A court told Ssangyong Motor to take back 153 workers laid off after an unprecedented labor strike in 2009.

But the automaker isn’t welcoming the workers with open arms.

The Seoul High Court yesterday ruled in favor of the workers after it overturned a ruling by a lower court that accepted Ssangyong’s reasons for cutting its workforce.

The high court acknowledged the company’s emergency situation, including a tight liquidity crunch caused by the global financial crisis of late 2008.

However, it did not accept the automaker’s claim that laying off its workers was the only option it had at the time.

The court said a corporate restructuring report by an accounting firm that was the primary basis for the layoff decision didn’t hold water.

Samjong KPMG in 2008 projected that the automaker’s debt-to-asset ratio would spike to 561.3 percent. The accounting firm proposed a corporate restructuring as the books were expected to get worse. Ssangyong was losing competitiveness, and its sales were destined to fall with no new models.

The high court maintained that, despite a constant change of upper management at the time, the company was able to maintain solid sales and competitiveness through its long-term corporate improvement campaigns. The court said that despite the global crisis, the company was able to maintain a market share exceeding 20 percent while also owning several pieces of real estate.

A union representative welcomed yesterday’s court decision.

“We respect the court ruling, and we hope this will act as a valuable touchstone for solving problems at Ssangyong Motor,” the Korean Metal Workers’ Union said in a statement released after the ruling. “We also hope that the company will do its best to end the conflict.”

Ssangyong Motor expressed shock and added that it will consider bringing the case to the Supreme Court after thoroughly reviewing yesterday’s ruling.

“[A court] told us to go ahead with corporate restructuring in 2009 and now they tell us we shouldn’t have?” asked an official at the automaker.

In 2009 the automaker laid off 2,646 employees, or 37 percent of its total workforce, after its main investor, Shanghai Automotive, pulled out at the end of 2008, leaving the local automaker in distress.

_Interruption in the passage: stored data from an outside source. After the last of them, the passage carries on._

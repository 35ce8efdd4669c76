-- ===== src/Oauth/Issue.antt =====
-- What the exchange of an authorization code leaves.
use claude_todo.Prelude.{
  ℕ, ◌+◌, ◌*◌, ◌≤◌, ◌<◌, String, ◌≡◌, refl, ap, ◌∙◌, sym, true, false, Option, none, some, List, [],
  ◌∷◌, ◌==◌, string_eq, ltb, contains, arith, beq_refl,
}
use claude_todo.Oauth.{
  Key, key_eq, key_auth_code, key_access_token, key_refresh_token, key_a2r, key_r2a,
  AuthorizationCode, Stored, access_stored, second, TokenStore, granted, refused, OAuthToken,
  filled, access_expires_at, ttl_from_expires, issue, exchange_found, exchange_authorization_code,
  load_access_token, invalid_grant, is_expired,
}

-- A week, less one second.
abbrev pub valid_for : ℕ
valid_for = 604799 * second

ttl_long : (now : ℕ) → 604799 ≤ ttl_from_expires (access_expires_at now) now
ttl_long now = ground arith

ttl_test :
    (now t : ℕ)
    → t < now + valid_for
    → ltb t (now + ttl_from_expires (access_expires_at now) now * second) ≡ true
ttl_test now t h = go (ttl_from_expires (access_expires_at now) now) (ttl_long now)
  where
    go : (n : ℕ) → 604799 ≤ n → ltb t (now + n * second) ≡ true
    go n k = ground (arith, h, k)

pub not_expired :
    (now t : ℕ) → t < now + valid_for → is_expired (some (access_expires_at now)) t ≡ false
not_expired now t h = ground (arith, h)

module _ (r : TokenStore) where
  -- An issued access token is stored for a week less a second.
  pub issue_access :
      (now t : ℕ) (client_id : String) (scopes : List String) (user_id : Option String)
      (access_value refresh_value : String) (s : r.Store)
      → now ≤ t
      → t < now + valid_for
      → r.get t
          (issue r now client_id scopes user_id access_value refresh_value s).1
          (key_access_token access_value)
        ≡ some (
            access_stored (record {
              token = access_value;
              client_id = client_id;
              scopes = scopes;
              expires_at = some (access_expires_at now);
              claims = filled user_id;
            }))
  unfolding issue
  issue_access now t client_id scopes user_id access_value refresh_value s h k =
      rw
        (
          r.get_set t now _ (key_r2a refresh_value) (key_access_token access_value) _ _ h,
          r.get_set t now _ (key_a2r access_value) (key_access_token access_value) _ _ h,
          r.get_set t now _ (key_refresh_token refresh_value) (key_access_token access_value) _ _ h,
          r.get_set t now s (key_access_token access_value) (key_access_token access_value) _ _ h,
          beq_refl (key_access_token access_value),
        )
        (rw (ttl_test now t k) refl)

  -- The keys that an issue writes.
  abbrev pub issued : String → String → List Key
  issued access_value refresh_value =
      key_access_token access_value
      ∷ key_refresh_token refresh_value
      ∷ key_a2r access_value
      ∷ key_r2a refresh_value
      ∷ []

  deleted : (t : ℕ) (key : Key) (s : r.Store) → r.get t (r.del (key ∷ []) s) key ≡ none
  deleted t key s = r.get_del t s (key ∷ []) key ∙ (rw (beq_refl key) refl)

  set_other :
      (now t : ℕ) (s : r.Store) (key other : Key) (v : Stored) (ex : ℕ)
      → now ≤ t
      → (key == other) ≡ false
      → r.get t (r.set now key v ex s) other ≡ r.get t s other
  set_other now t s key other v ex h k = r.get_set t now s key other v ex h ∙ (rw k refl)

  not_held :
      (key other : Key) (keys : List Key)
      → contains (key ∷ keys) other ≡ false
      → ((key == other) ≡ false) × (contains keys other ≡ false)
  not_held key other keys h = ground (arith, h)

  pub issue_others :
      (now t : ℕ) (client_id : String) (scopes : List String) (user_id : Option String)
      (access_value refresh_value : String) (s : r.Store) (key : Key)
      → now ≤ t
      → contains (issued access_value refresh_value) key ≡ false
      → r.get t (issue r now client_id scopes user_id access_value refresh_value s).1 key
        ≡ r.get t s key
  unfolding issue
  issue_others now t client_id scopes user_id access_value refresh_value s key h k =
      let last = key_r2a refresh_value ∷ [] in
      let links = key_a2r access_value ∷ last in
      let at =
        not_held (key_access_token access_value) key (key_refresh_token refresh_value ∷ links) k in
      let rt = not_held (key_refresh_token refresh_value) key links at.1 in
      let a2r = not_held (key_a2r access_value) key last rt.1 in
      let r2a = not_held (key_r2a refresh_value) key [] a2r.1 in
      set_other now t _ (key_r2a refresh_value) key _ _ h r2a.0
      ∙ set_other now t _ (key_a2r access_value) key _ _ h a2r.0
      ∙ set_other now t _ (key_refresh_token refresh_value) key _ _ h rt.0
      ∙ set_other now t s (key_access_token access_value) key _ _ h at.0

  pub granted_injective : {x y : OAuthToken} → granted x ≡ granted y → x ≡ y
  granted_injective h = cc

  pub issue_value :
      (now : ℕ) (client_id : String) (scopes : List String) (user_id : Option String)
      (access_value refresh_value : String) (s : r.Store)
      → (issue r now client_id scopes user_id access_value refresh_value s).0.access_token
        ≡ access_value
  unfolding issue
  issue_value now client_id scopes user_id access_value refresh_value s = refl

  code_gone :
      (now t : ℕ) (client_id : Option String) (code : AuthorizationCode)
      (access_value refresh_value : String) (s : r.Store) (o : Option Stored)
      → now ≤ t
      → r.get now s (key_auth_code code.code) ≡ o
      → (r.get now s (key_auth_code code.code) ≡ none → r.get t s (key_auth_code code.code) ≡ none)
      → r.get t
          (exchange_found r now client_id code access_value refresh_value o s).1
          (key_auth_code code.code)
        ≡ none
  code_gone now t client_id code access_value refresh_value s none h at gone = gone at
  code_gone now t none code access_value refresh_value s (some raw) h at gone =
      deleted t (key_auth_code code.code) s
  code_gone now t (some client) code access_value refresh_value s (some raw) h at gone =
      let key = key_auth_code code.code in
      issue_others now t client code.scopes code.user_id access_value refresh_value
        (r.del (key ∷ []) s) key h refl
      ∙ deleted t key s

  -- The access token that an exchange of an authorization code returns loads for a week less a
  -- second, with the client, the scopes and the user of the code.
  pub load_access_token-exchange_authorization_code :
      (now t : ℕ) (client_id : String) (code : AuthorizationCode)
      (access_value refresh_value : String) (s : r.Store) (token : OAuthToken)
      → (exchange_authorization_code r now (some client_id) code access_value refresh_value s).0
        ≡ granted token
      → now ≤ t
      → t < now + valid_for
      → (token.access_token ≡ access_value)
        × ((load_access_token r t access_value
              (exchange_authorization_code r now
                (some client_id)
                code
                access_value
                refresh_value
                s).1).0
            ≡ some (record {
              token = access_value;
              client_id = client_id;
              scopes = code.scopes;
              expires_at = some (access_expires_at now);
              claims = filled code.user_id;
            }))
  unfolding exchange_authorization_code load_access_token
  load_access_token-exchange_authorization_code now t client_id code access_value refresh_value s
        token h now_le soon =
      go (r.get now s (key_auth_code code.code)) h
    where
      go :
          (o : Option Stored)
          → (exchange_found r now (some client_id) code access_value refresh_value o s).0
            ≡ granted token
          → (token.access_token ≡ access_value)
            × ((load_access_token r t access_value
                  (exchange_found r now (some client_id) code access_value refresh_value o s).1).0
                ≡ some (record {
                  token = access_value;
                  client_id = client_id;
                  scopes = code.scopes;
                  expires_at = some (access_expires_at now);
                  claims = filled code.user_id;
                }))
      go none k = cc
      go (some raw) k =
          let s' = r.del (key_auth_code code.code ∷ []) s in
          let stored =
            issue_access now t client_id code.scopes code.user_id access_value refresh_value s'
              now_le soon in
          (
            ap (λ (x : OAuthToken). x.access_token) (sym (granted_injective k))
                ∙ issue_value now client_id code.scopes code.user_id access_value refresh_value s',
            rw (load_access_token, stored, not_expired now t soon) refl,
          )

  -- After an exchange of an authorization code, whatever its outcome, any later exchange of a code
  -- with the same text is refused, where a code that was not stored is not stored meanwhile.
  pub exchange_authorization_code_once :
      (now t : ℕ) (client_id other_client : Option String) (code again : AuthorizationCode)
      (access_value refresh_value access_value' refresh_value' : String) (s : r.Store)
      → now ≤ t
      → again.code ≡ code.code
      → (r.get now s (key_auth_code code.code) ≡ none → r.get t s (key_auth_code code.code) ≡ none)
      → (exchange_authorization_code r t other_client again access_value' refresh_value'
          (exchange_authorization_code r now client_id code access_value refresh_value s).1).0
        ≡ refused invalid_grant
  unfolding exchange_authorization_code
  exchange_authorization_code_once now t client_id other_client code again access_value
        refresh_value access_value' refresh_value' s h same gone =
      rw (same, code_gone now t client_id code access_value refresh_value s _ h refl gone) refl
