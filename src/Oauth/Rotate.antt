-- ===== src/Oauth/Rotate.antt =====
-- What the exchange of a refresh token revokes, checks and leaves.
use claude_todo.Prelude.{
  ℕ, ◌+◌, ◌≤◌, ◌<◌, String, ◌≡◌, refl, ap, ◌∙◌, Bool, true, false, Option, none, some, List, ◌==◌,
  string_eq, contains, arith, beq_refl, inl, inr, ◌≢◌, Bool-cases, ◌↔◌, sym, [], ◌∷◌, Elem,
  contains-Elem, Elem-contains,
}
use claude_todo.Oauth.{
  Key, key_eq, key_access_token, key_refresh_token, key_r2a, RefreshToken, TokenStore, refused,
  filled, access_expires_at, issue, issue_for, load_access_token, exchange_refresh_token, all_in,
  refresh_for, revoke_internal, old_user, invalid_scope, user_disabled, load_refresh_token,
  redis_del, keys_of_refresh, linked,
}
use claude_todo.Oauth.Issue.{valid_for, issued, not_expired, issue_access, issue_others}

all_in-Elem :
    (scopes original : List String)
    → all_in scopes original ≡ true
    → (scope : String) → Elem scope scopes
    → Elem scope original
all_in-Elem [] original h scope asked = elim asked [ ]
all_in-Elem (x ∷ xs) original h scope (inl e) =
    contains-Elem original scope (ground (arith, rw (sym e) at h))
all_in-Elem (x ∷ xs) original h scope (inr later) =
    all_in-Elem xs original (ground (arith, h)) scope later

all_in-foreign :
    (scopes original : List String)
    → all_in scopes original ≡ false
    → (scope : String) × Elem scope scopes × (¬ Elem scope original)
all_in-foreign [] original h = cc
all_in-foreign (x ∷ xs) original h = elim (Bool-cases (contains original x)) [
  | inl listed ↦
      let (scope, asked, foreign) = all_in-foreign xs original (rw listed at h) in
      (scope, inr asked, foreign)
  | inr missing ↦ (x, inl refl, λ there. cc (Elem-contains original x there, missing))
]

module _ (r : TokenStore) where
  revoked :
      (now : ℕ) (token : String) (s : r.Store)
      → token ≢ ""
      → revoke_internal r now none (some token) s
        ≡ redis_del r (keys_of_refresh r token (linked r now s (key_r2a token))) s
  unfolding revoke_internal
  revoked now token s named =
      let test : (token == "") ≡ false = ground (arith, string_eq.beq_iff token "", named) in
      rw test refl

  -- A refresh token that is revoked is not stored, nor is the access token that it is linked to.
  revoke_refresh :
      (now t : ℕ) (token : String) (s : r.Store)
      → token ≢ ""
      → r.get t (revoke_internal r now none (some token) s) (key_refresh_token token) ≡ none
  revoke_refresh now t token s named =
      ap (λ x. r.get t x (key_refresh_token token)) (revoked now token s named)
      ∙ go (linked r now s (key_r2a token))
    where
      go :
          (o : Option String)
          → r.get t (redis_del r (keys_of_refresh r token o) s) (key_refresh_token token) ≡ none
      go none = r.get_del t s _ (key_refresh_token token) ∙ (rw (beq_refl token) refl)
      go (some a) = r.get_del t s _ (key_refresh_token token) ∙ (rw (beq_refl token) refl)

  revoke_linked :
      (now t : ℕ) (token access : String) (s : r.Store)
      → token ≢ ""
      → linked r now s (key_r2a token) ≡ some access
      → r.get t (revoke_internal r now none (some token) s) (key_access_token access) ≡ none
  revoke_linked now t token access s named at =
      ap (λ x. r.get t x (key_access_token access)) (revoked now token s named)
      ∙ ap (λ o. r.get t (redis_del r (keys_of_refresh r token o) s) (key_access_token access)) at
      ∙ r.get_del t s _ (key_access_token access)
      ∙ (rw (beq_refl access) refl)

  -- A key that the revocation has removed, and that the new tokens do not write, stays away.
  after_gone :
      (is_active : String → Bool) (client_id : Option String) (now t : ℕ) (scopes : List String)
      (user : Option String) (access_value refresh_value : String) (s : r.Store) (key : Key)
      → now ≤ t
      → contains (issued r access_value refresh_value) key ≡ false
      → r.get t s key ≡ none
      → r.get t
          (refresh_for r is_active client_id now scopes user access_value refresh_value s).1
          key
        ≡ none
  after_gone is_active client_id now t scopes user access_value refresh_value s key h k gone =
      go client_id user
    where
      ended :
          (o u : Option String)
          → r.get t (issue_for r o now scopes u access_value refresh_value s).1 key ≡ none
      ended none u = gone
      ended (some c) u = issue_others r now t c scopes u access_value refresh_value s key h k ∙ gone

      go :
          (o u : Option String)
          → r.get t (refresh_for r is_active o now scopes u access_value refresh_value s).1 key
            ≡ none
      go o none = ended o none
      go o (some user) = elim (Bool-cases (is_active user)) [
        | inl active ↦ rw active (ended o (some user))
        | inr disabled ↦ rw disabled gone
      ]

  -- An exchange of a refresh token for scopes that it has, whatever comes of it, leaves neither the
  -- old refresh token nor the access token that it is linked to: at no later time are they loaded.
  -- The new tokens are other texts.
  pub exchange_refresh_token_revokes :
      (is_active : String → Bool) (now t : ℕ) (client_id other : Option String)
      (refresh_token : RefreshToken) (scopes : List String)
      (access_value refresh_value old_access : String) (s : r.Store)
      → all_in scopes refresh_token.scopes ≡ true
      → now ≤ t
      → refresh_token.token ≢ ""
      → refresh_value ≢ refresh_token.token
      → access_value ≢ old_access
      → linked r now s (key_r2a refresh_token.token) ≡ some old_access
      → ((load_refresh_token r t other refresh_token.token
            (exchange_refresh_token r is_active now client_id refresh_token scopes access_value
              refresh_value s).1).0
          ≡ none)
        × ((load_access_token r t old_access
              (exchange_refresh_token r is_active now client_id refresh_token scopes access_value
                refresh_value s).1).0
            ≡ none)
  unfolding exchange_refresh_token load_refresh_token load_access_token
  exchange_refresh_token_revokes is_active now t client_id other refresh_token scopes access_value
        refresh_value old_access s allowed h named new_refresh new_access at =
      let s' = revoke_internal r now none (some refresh_token.token) s in
      let user = filled (old_user r now refresh_token.token s) in
      let no_refresh =
        after_gone is_active client_id now t scopes user access_value refresh_value s'
          (key_refresh_token refresh_token.token) h
          (ground (arith, string_eq.beq_iff refresh_value refresh_token.token, new_refresh))
          (revoke_refresh now t refresh_token.token s named) in
      let no_access =
        after_gone is_active client_id now t scopes user access_value refresh_value s'
          (key_access_token old_access) h
          (ground (arith, string_eq.beq_iff access_value old_access, new_access))
          (revoke_linked now t refresh_token.token old_access s named at) in
      (
        rw (load_refresh_token, allowed, no_refresh) refl,
        rw (load_access_token, allowed, no_access) refl,
      )

  not_for_scopes_issue :
      (client_id : Option String) (now : ℕ) (scopes : List String) (user access_value : String)
      (refresh_value : String) (s : r.Store)
      → (issue_for r client_id now scopes (some user) access_value refresh_value s).0
        ≢ refused invalid_scope
  not_for_scopes_issue none now scopes user access_value refresh_value s h = cc
  not_for_scopes_issue (some c) now scopes user access_value refresh_value s h = cc

  no_user :
      (now : ℕ) (token : String) (s : r.Store)
      → r.get now s (key_r2a token) ≡ none
      → filled (old_user r now token s) ≡ none
  unfolding old_user
  no_user now token s gone = rw (filled, old_user, gone) refl

  not_for_scopes :
      (is_active : String → Bool) (client_id : Option String) (now : ℕ) (scopes : List String)
      (user : Option String) (access_value refresh_value : String) (s : r.Store)
      → (refresh_for r is_active client_id now scopes user access_value refresh_value s).0
        ≢ refused invalid_scope
  not_for_scopes is_active none now scopes none access_value refresh_value s h = cc
  not_for_scopes is_active (some c) now scopes none access_value refresh_value s h = cc
  not_for_scopes is_active client_id now scopes (some user) access_value refresh_value s h =
      elim (Bool-cases (is_active user)) [
        | inl active ↦
            not_for_scopes_issue client_id now scopes user access_value refresh_value s
              (simp active at h)
        | inr disabled ↦ absurd (cc (simp disabled at h))
      ]

  -- An exchange of a refresh token is refused for its scopes exactly when one of the scopes asked
  -- for is none of the token's, and then the store is left as it is.
  pub exchange_refresh_token_scopes :
      (is_active : String → Bool) (now : ℕ) (client_id : Option String)
      (refresh_token : RefreshToken) (scopes : List String) (access_value refresh_value : String)
      (s : r.Store)
      → (((exchange_refresh_token r is_active now client_id refresh_token scopes access_value
              refresh_value s).0
            ≡ refused invalid_scope)
          ↔ ((scope : String) × Elem scope scopes × (¬ Elem scope refresh_token.scopes)))
        × ((exchange_refresh_token r is_active now client_id refresh_token scopes access_value
                refresh_value s).0
              ≡ refused invalid_scope
            → (exchange_refresh_token r is_active now client_id refresh_token scopes access_value
                refresh_value s).1
              ≡ s)
  unfolding exchange_refresh_token
  exchange_refresh_token_scopes is_active now client_id refresh_token scopes access_value
        refresh_value s =
      elim (Bool-cases (all_in scopes refresh_token.scopes)) [
        | inl allowed ↦ rw allowed (
          (
            λ h.
                absurd
                  (not_for_scopes is_active client_id now scopes _ access_value refresh_value _ h),
            λ (scope, asked, foreign).
                absurd (foreign (all_in-Elem scopes refresh_token.scopes allowed scope asked)),
          ),
          λ h.
              absurd
                (not_for_scopes is_active client_id now scopes _ access_value refresh_value _ h),
        )
        | inr short ↦
            rw short ((λ h. all_in-foreign scopes refresh_token.scopes short, λ h. refl), λ h. refl)
      ]

  -- What the new access token loads as.
  loads_as :
      (now t : ℕ) (client : String) (scopes : List String) (user : Option String)
      (access_value refresh_value : String) (s : r.Store)
      → now ≤ t
      → t < now + valid_for
      → (load_access_token r t access_value
          (issue r now client scopes user access_value refresh_value s).1).0
        ≡ some (record {
          token = access_value;
          client_id = client;
          scopes = scopes;
          expires_at = some (access_expires_at now);
          claims = filled user;
        })
  unfolding load_access_token
  loads_as now t client scopes user access_value refresh_value s h soon =
      rw
        (
          load_access_token,
          issue_access r now t client scopes user access_value refresh_value s h soon,
          not_expired now t soon,
        )
        refl

  -- An exchange of a refresh token whose linked access token is stored with a user is refused if
  -- the user is not active; else, for a client with an id and scopes of the old token, the new
  -- access token loads for a week less a second with that user, that client and those scopes.
  pub exchange_refresh_token_user :
      (is_active : String → Bool) (now t : ℕ) (client user : String) (refresh_token : RefreshToken)
      (scopes : List String) (access_value refresh_value : String) (s : r.Store)
      → all_in scopes refresh_token.scopes ≡ true
      → filled (old_user r now refresh_token.token s) ≡ some user
      → now ≤ t
      → t < now + valid_for
      → (is_active user ≡ false
          → (exchange_refresh_token r is_active now
              (some client)
              refresh_token
              scopes
              access_value
              refresh_value
              s).0
            ≡ refused user_disabled)
        × (is_active user ≡ true
            → (load_access_token r t access_value
                (exchange_refresh_token r is_active now
                  (some client)
                  refresh_token
                  scopes
                  access_value
                  refresh_value
                  s).1).0
              ≡ some (record {
                token = access_value;
                client_id = client;
                scopes = scopes;
                expires_at = some (access_expires_at now);
                claims = filled (some user);
              }))
  unfolding exchange_refresh_token
  exchange_refresh_token_user is_active now t client user refresh_token scopes access_value
        refresh_value s allowed at h soon =
      (
        λ disabled. rw (allowed, at, disabled) refl,
        λ active.
            rw (allowed, at, active)
              (loads_as now t client scopes (some user) access_value refresh_value
                (revoke_internal r now none (some refresh_token.token) s) h soon),
      )

  -- A refresh token whose link is gone, as Redis drops it with the access token, is exchanged, for
  -- a client with an id and scopes of the old token, for an access token without a user, whoever is
  -- active.
  pub exchange_refresh_token_unlinked :
      (is_active : String → Bool) (now t : ℕ) (client : String) (refresh_token : RefreshToken)
      (scopes : List String) (access_value refresh_value : String) (s : r.Store)
      → all_in scopes refresh_token.scopes ≡ true
      → r.get now s (key_r2a refresh_token.token) ≡ none
      → now ≤ t
      → t < now + valid_for
      → (load_access_token r t access_value
          (exchange_refresh_token r is_active now
            (some client)
            refresh_token
            scopes
            access_value
            refresh_value
            s).1).0
        ≡ some (record {
          token = access_value;
          client_id = client;
          scopes = scopes;
          expires_at = some (access_expires_at now);
          claims = none;
        })
  unfolding exchange_refresh_token
  exchange_refresh_token_unlinked is_active now t client refresh_token scopes access_value
        refresh_value s allowed gone h soon =
      rw (allowed, no_user now refresh_token.token s gone)
        (loads_as now t client scopes none access_value refresh_value
          (revoke_internal r now none (some refresh_token.token) s) h soon)
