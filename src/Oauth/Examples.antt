-- ===== src/Oauth/Examples.antt =====
-- Redis as a function of the keys, a client that signs in and refreshes, and the theorems at it.
use claude_todo.Prelude.{
  ℕ, ◌+◌, ◌*◌, String, ◌≡◌, refl, Bool, true, false, Option, none, some, List, [], ◌∷◌, ◌==◌,
  string_eq, if◌then◌else◌, ltb, contains, arith, Bool-cases, inl, inr, ◌≢◌, ◌↔◌, Elem,
}
use claude_todo.Oauth.{
  Key, key_eq, key_auth_code, key_r2a, RefreshToken, AuthorizationCode, Stored, code_stored, second,
  TokenStore, granted, refused, OAuthToken, access_expires_at, issue, exchange_authorization_code,
  load_access_token, load_refresh_token, exchange_refresh_token, old_user, invalid_grant,
  invalid_scope, user_disabled, default_access_token_expiry, filled, linked,
}
use claude_todo.Oauth.Issue.{
  load_access_token-exchange_authorization_code, exchange_authorization_code_once,
}
use claude_todo.Oauth.Rotate.{
  exchange_refresh_token_revokes, exchange_refresh_token_scopes, exchange_refresh_token_user,
  exchange_refresh_token_unlinked,
}

abbrev Entries : Type 0
Entries = Key → Option (Stored × ℕ)

abbrev still : ℕ → Option (Stored × ℕ) → Option Stored
still t none = none
still t (some (v, until)) = if ltb t until then some v else none

abbrev put : ℕ → Key → Stored → ℕ → Entries → Entries
put now key v ex s other = if key == other then some (v, now + ex * second) else s other

abbrev drop : List Key → Entries → Entries
drop keys s key = if contains keys key then none else s key

abbrev entries : TokenStore
entries = record {
  Store = Entries;
  get = λ t s key. still t (s key);
  set = put;
  del = drop;
  get_set = λ t now s key other v ex h. elim (Bool-cases (key == other)) [
    | inl same ↦ rw same refl
    | inr differ ↦ rw differ refl
  ];
  get_del = λ t s keys key. elim (Bool-cases (contains keys key)) [
    | inl held ↦ rw held refl
    | inr absent ↦ rw absent refl
  ];
}

abbrev sign_in : AuthorizationCode
sign_in = record {
  code = "c";
  client_id = "app";
  scopes = "read" ∷ [];
  expires_at = 300000000;
  user_id = some "u";
}

abbrev s0 : Entries
s0 = put 0 (key_auth_code "c") (code_stored sign_in) 300 (λ key. none)

abbrev s1 : Entries
s1 = (exchange_authorization_code entries 0 (some "app") sign_in "a" "r" s0).1

abbrev first : OAuthToken
first = record {
  access_token = "a";
  expires_in = default_access_token_expiry;
  refresh_token = "r";
  scope = some "read";
}

s0_grants :
    (exchange_authorization_code entries 0 (some "app") sign_in "a" "r" s0).0 ≡ granted first
unfolding exchange_authorization_code issue
s0_grants = refl

abbrev old : RefreshToken
old = record { token = "r"; client_id = "app"; scopes = "read" ∷ []; expires_at = none }

s1-linked : linked entries 60000000 s1 (key_r2a "r") ≡ some "a"
unfolding exchange_authorization_code issue
s1-linked = refl

s1_user : filled (old_user entries 60000000 "r" s1) ≡ some "u"
unfolding exchange_authorization_code issue old_user
s1_user = refl

load_access_token-exchange_authorization_code_example :
    (first.access_token ≡ "a")
    × ((load_access_token entries 60000000 "a" s1).0
        ≡ some (record {
          token = "a";
          client_id = "app";
          scopes = "read" ∷ [];
          expires_at = some (access_expires_at 0);
          claims = some "u";
        }))
load_access_token-exchange_authorization_code_example =
    load_access_token-exchange_authorization_code entries 0 60000000 "app" sign_in "a" "r" s0 first
      s0_grants (omega arith) (omega arith)

exchange_authorization_code_once_example :
    (exchange_authorization_code entries 1 (some "app") sign_in "b" "q" s1).0
    ≡ refused invalid_grant
exchange_authorization_code_once_example =
    exchange_authorization_code_once entries 0 1 (some "app") (some "app") sign_in sign_in "a" "r"
      "b" "q" s0 (omega arith) refl (λ h. absurd (cc h))

differ_rq : ◌≢◌ {A = String} "q" "r"
differ_rq = ground (arith, string_eq.beq_iff "q" "r")

differ_ab : ◌≢◌ {A = String} "b" "a"
differ_ab = ground (arith, string_eq.beq_iff "b" "a")

named : ◌≢◌ {A = String} "r" ""
named = ground (arith, string_eq.beq_iff "r" "")

abbrev everyone : String → Bool
everyone user = true

exchange_refresh_token_revokes_example :
    ((load_refresh_token entries 61000000
        (some "app")
        "r"
        (exchange_refresh_token entries everyone 60000000
          (some "app")
          old
          ("read" ∷ [])
          "b"
          "q"
          s1).1).0
      ≡ none)
    × ((load_access_token entries 61000000 "a"
          (exchange_refresh_token entries everyone 60000000
            (some "app")
            old
            ("read" ∷ [])
            "b"
            "q"
            s1).1).0
        ≡ none)
exchange_refresh_token_revokes_example =
    exchange_refresh_token_revokes entries everyone 60000000 61000000 (some "app") (some "app") old
      ("read" ∷ []) "b" "q" "a" s1 refl (omega arith) named differ_rq differ_ab s1-linked

exchange_refresh_token_scopes_example :
    (((exchange_refresh_token entries everyone 60000000
          (some "app")
          old
          ("write" ∷ [])
          "b"
          "q"
          s1).0
        ≡ refused invalid_scope)
      ↔ ((scope : String) × Elem scope ("write" ∷ []) × (¬ Elem scope old.scopes)))
    × ((exchange_refresh_token entries everyone 60000000
            (some "app")
            old
            ("write" ∷ [])
            "b"
            "q"
            s1).0
          ≡ refused invalid_scope
        → (exchange_refresh_token entries everyone 60000000
            (some "app")
            old
            ("write" ∷ [])
            "b"
            "q"
            s1).1
          ≡ s1)
exchange_refresh_token_scopes_example =
    exchange_refresh_token_scopes entries everyone 60000000 (some "app") old ("write" ∷ []) "b" "q"
      s1

exchange_refresh_token_user_example :
    (everyone "u" ≡ false
      → (exchange_refresh_token entries everyone 60000000
          (some "app")
          old
          ("read" ∷ [])
          "b"
          "q"
          s1).0
        ≡ refused user_disabled)
    × (everyone "u" ≡ true
        → (load_access_token entries 61000000 "b"
            (exchange_refresh_token entries everyone 60000000
              (some "app")
              old
              ("read" ∷ [])
              "b"
              "q"
              s1).1).0
          ≡ some (record {
            token = "b";
            client_id = "app";
            scopes = "read" ∷ [];
            expires_at = some (access_expires_at 60000000);
            claims = some "u";
          }))
exchange_refresh_token_user_example =
    exchange_refresh_token_user entries everyone 60000000 61000000 "app" "u" old ("read" ∷ []) "b"
      "q" s1 refl s1_user (omega arith) (omega arith)

-- Eight days later.
s1_unlinked : entries.get 691200000000 s1 (key_r2a "r") ≡ none
unfolding exchange_authorization_code issue
s1_unlinked = refl

exchange_refresh_token_unlinked_example :
    (load_access_token entries 691200000001 "b"
      (exchange_refresh_token entries everyone 691200000000
        (some "app")
        old
        ("read" ∷ [])
        "b"
        "q"
        s1).1).0
    ≡ some (record {
      token = "b";
      client_id = "app";
      scopes = "read" ∷ [];
      expires_at = some (access_expires_at 691200000000);
      claims = none;
    })
exchange_refresh_token_unlinked_example =
    exchange_refresh_token_unlinked entries everyone 691200000000 691200000001 "app" old
      ("read" ∷ []) "b" "q" s1 refl s1_unlinked (omega arith) (omega arith)

refresh_still_stored : (load_refresh_token entries 691200000000 (some "app") "r" s1).0 ≡ some old
unfolding load_refresh_token exchange_authorization_code issue
refresh_still_stored = refl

The Chinese company, which had owned a majority 51 percent stake in the Korean automaker since 2006, promised new investment that never came. The Chinese automaker is still accused of stealing technology from the Korean company.

Hit hard by the unprecedented global depression that affected sales, the Korean automaker came to a point where it had no choice but to under go court receivership in February.

Two months later, the automaker unveiled corporate restructuring and revival plans, which included the layoffs.

A month later, the union went into a strike that lasted 77 days, which included violent clashes with the authorities. The automaker was bought by the Indian company Mahindra & Mahindra in November 2010.

In the first month of last year, 455 employees on extensive leave without pay were called back to work by the automaker. Since the layoffs, 24 former employees have passed away, including some who committed suicide.

The 153 employees filed a lawsuit at the lower Seoul court in November 2010, insisting that they were wrongfully fired.